In 1996, Congress passed the “Communications Decency Act.” (“CDA”). This law was intended in part to protect minors from indecent material on the Internet by encouraging content providers to self-regulate and develop filtering technology. The law also ensured that passive providers of Internet access were not subjected to liability for the content posted.

Section 230(c)(1) of the CDA provides broad immunity to those who provide access and facilitate Internet content. Section 230(e)(3) preempts all state laws that would result in liability.

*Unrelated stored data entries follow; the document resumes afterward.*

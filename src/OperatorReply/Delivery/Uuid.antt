-- ===== src/OperatorReply/Delivery/Uuid.antt =====
-- The shape of the identifier of an unmatched status event.
use oasis_supabase_core.Prelude.{
  ℕ, ◌+◌, ◌%◌, ◌/◌, ◌≤◌, ◌≡◌, refl, ap, ◌⊎◌, some, List, ◌∷◌, get_elem?, length, arith,
}
use oasis_supabase_core.OperatorReply.Delivery.{uuid_of_digest, hex_digit}

abbrev pub IsVariant : ℕ → Type 0
IsVariant c = (c ≡ b'8') ⊎ (c ≡ b'9') ⊎ (c ≡ b'a') ⊎ (c ≡ b'b')

hex_digit-IsVariant : (b : ℕ) → IsVariant (hex_digit ((b % 64 + 128) / 16))
unfolding hex_digit
hex_digit-IsVariant b = ground arith

hex_digit_version : (b : ℕ) → hex_digit ((b % 16 + 128) / 16) ≡ b'8'
unfolding hex_digit
hex_digit_version b = ground arith

-- The identifier of an unmatched event is a UUID of version 8 and of the standard variant, whatever
-- digest of 16 bytes or more it is made from: 36 units, with dashes at 8, 13, 18 and 23, an `8` at 14,
-- and one of `8`, `9`, `a` and `b` at 19.
pub uuid_of_digest_shape :
    (digest : List ℕ)
    → 16 ≤ length digest
    → let id = uuid_of_digest digest in
      (length id ≡ 36)
      × (get_elem? id 8 ≡ some b'-')
      × (get_elem? id 13 ≡ some b'-')
      × (get_elem? id 18 ≡ some b'-')
      × (get_elem? id 23 ≡ some b'-')
      × (get_elem? id 14 ≡ some b'8')
      × ((c : ℕ) × (get_elem? id 19 ≡ some c) × IsVariant c)
unfolding uuid_of_digest
uuid_of_digest_shape
      (b0 ∷ b1 ∷ b2 ∷ b3 ∷ b4 ∷ b5 ∷ b6 ∷ b7 ∷ b8 ∷ b9 ∷ b10 ∷ b11 ∷ b12 ∷ b13 ∷ b14 ∷ b15 ∷ rest)
      h =
    (
      refl,
      refl,
      refl,
      refl,
      refl,
      ap some (hex_digit_version b6),
      (_, refl, hex_digit-IsVariant b8),
    )
uuid_of_digest_shape _ h = absurd (omega arith)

No court had ever held the immunity conferred under section 230(c)(1) applied to employers who provide employees Internet access. However, in other contexts, courts developed a three-factor test to determine whether the immunity provisions apply: (1) the defendant is a provider or user of an interactive computer service; (2) the cause of action treats the defendant as a publisher or speaker of information; and (3) the information at issue is provided by another information content provider. The Court of Appeal in Delfino used this analysis and determined Agilent was immune from Delfino’s lawsuit.

By holding that the CDA applied, the Court exempted Agilent from liability for Moore’s conduct on the Internet. Of course, had Agilent condoned or assisted Moore in some way, the analysis could have come out differently under factor (3) above. The evidence, however, was that Moore acted on his own.

Liability for Internet Activity Absent CDA Immunity

As an alternative holding, the Court of Appeal analyzed whether Agilent would have been liable for Moore’s conduct under state law and in the absence of CDA immunity. The Court first held that those who make threats of bodily harm on the Internet may indeed be engaged in “outrageous conduct,” an element essential to a claim of intentional infliction of emotional distress.

The Court then turned to whether Agilent could be held responsible for Moore’s postings. Delfino argued that Agilent “ratified” Moore’s conduct; in essence, that Agilent’s conduct adopted Moore’s posts as its own. However, the Court noted that Agilent fired Moore immediately upon learning that Moore had used Agilent’s systems to make threats.

Delfino also argued that Agilent should be held responsible under “respondeat superior,” a theory under which an employer is liable for employees’ acts performed within the course and scope of employment. The Court rejected this contention as well. Under California law, an employer’s respondeat superior liability does not extend to all acts performed at work. Rather, the issue is whether the conduct is sufficiently related to the employer’s business enterprise to require the employer to bear the cost of the conduct.

Finally, the Court held that Agilent could not be held liable for “negligent” supervision of Moore. Using a multi-factor test, the Court analyzed whether Agilent owed a “duty” to Delfino, and concluded that it did not. Without such a duty, there can be no claim for “negligence.”


Unless the CDA is amended or the Delfino decision is overturned, employers now enjoy broad immunity from lawsuits based on employees’ misuse of the employer’s Internet connection. But the Court’s opinion in Delfino raises important questions regarding the extent of employers’ liability for employees’ conduct on the Internet. For example, Delfino does not address whether an employee’s claim of “harassment” exclusively based on a co-worker’s conduct on the Internet would be actionable against the employer. After all, Delfino did not work for Agilent. Yet, it would not seem to make a difference if he had. The CDA’s immunity provision does not appear to carve-out exceptions for lawsuits by an employee against his or her own employer.

Of course, most claims of harassment are based on more than just Internet postings by the alleged harasser. So, immunity under the CDA likely will be moot in most cases. Moreover, if an employee is spending work time defaming or otherwise engaging in misconduct on the internet, the employee is not performing his or her duties. Therefore, even if employers are not held liable for employees’ Internet activities, it behooves employers to have strong policies regarding use and misuse of its Internet connection.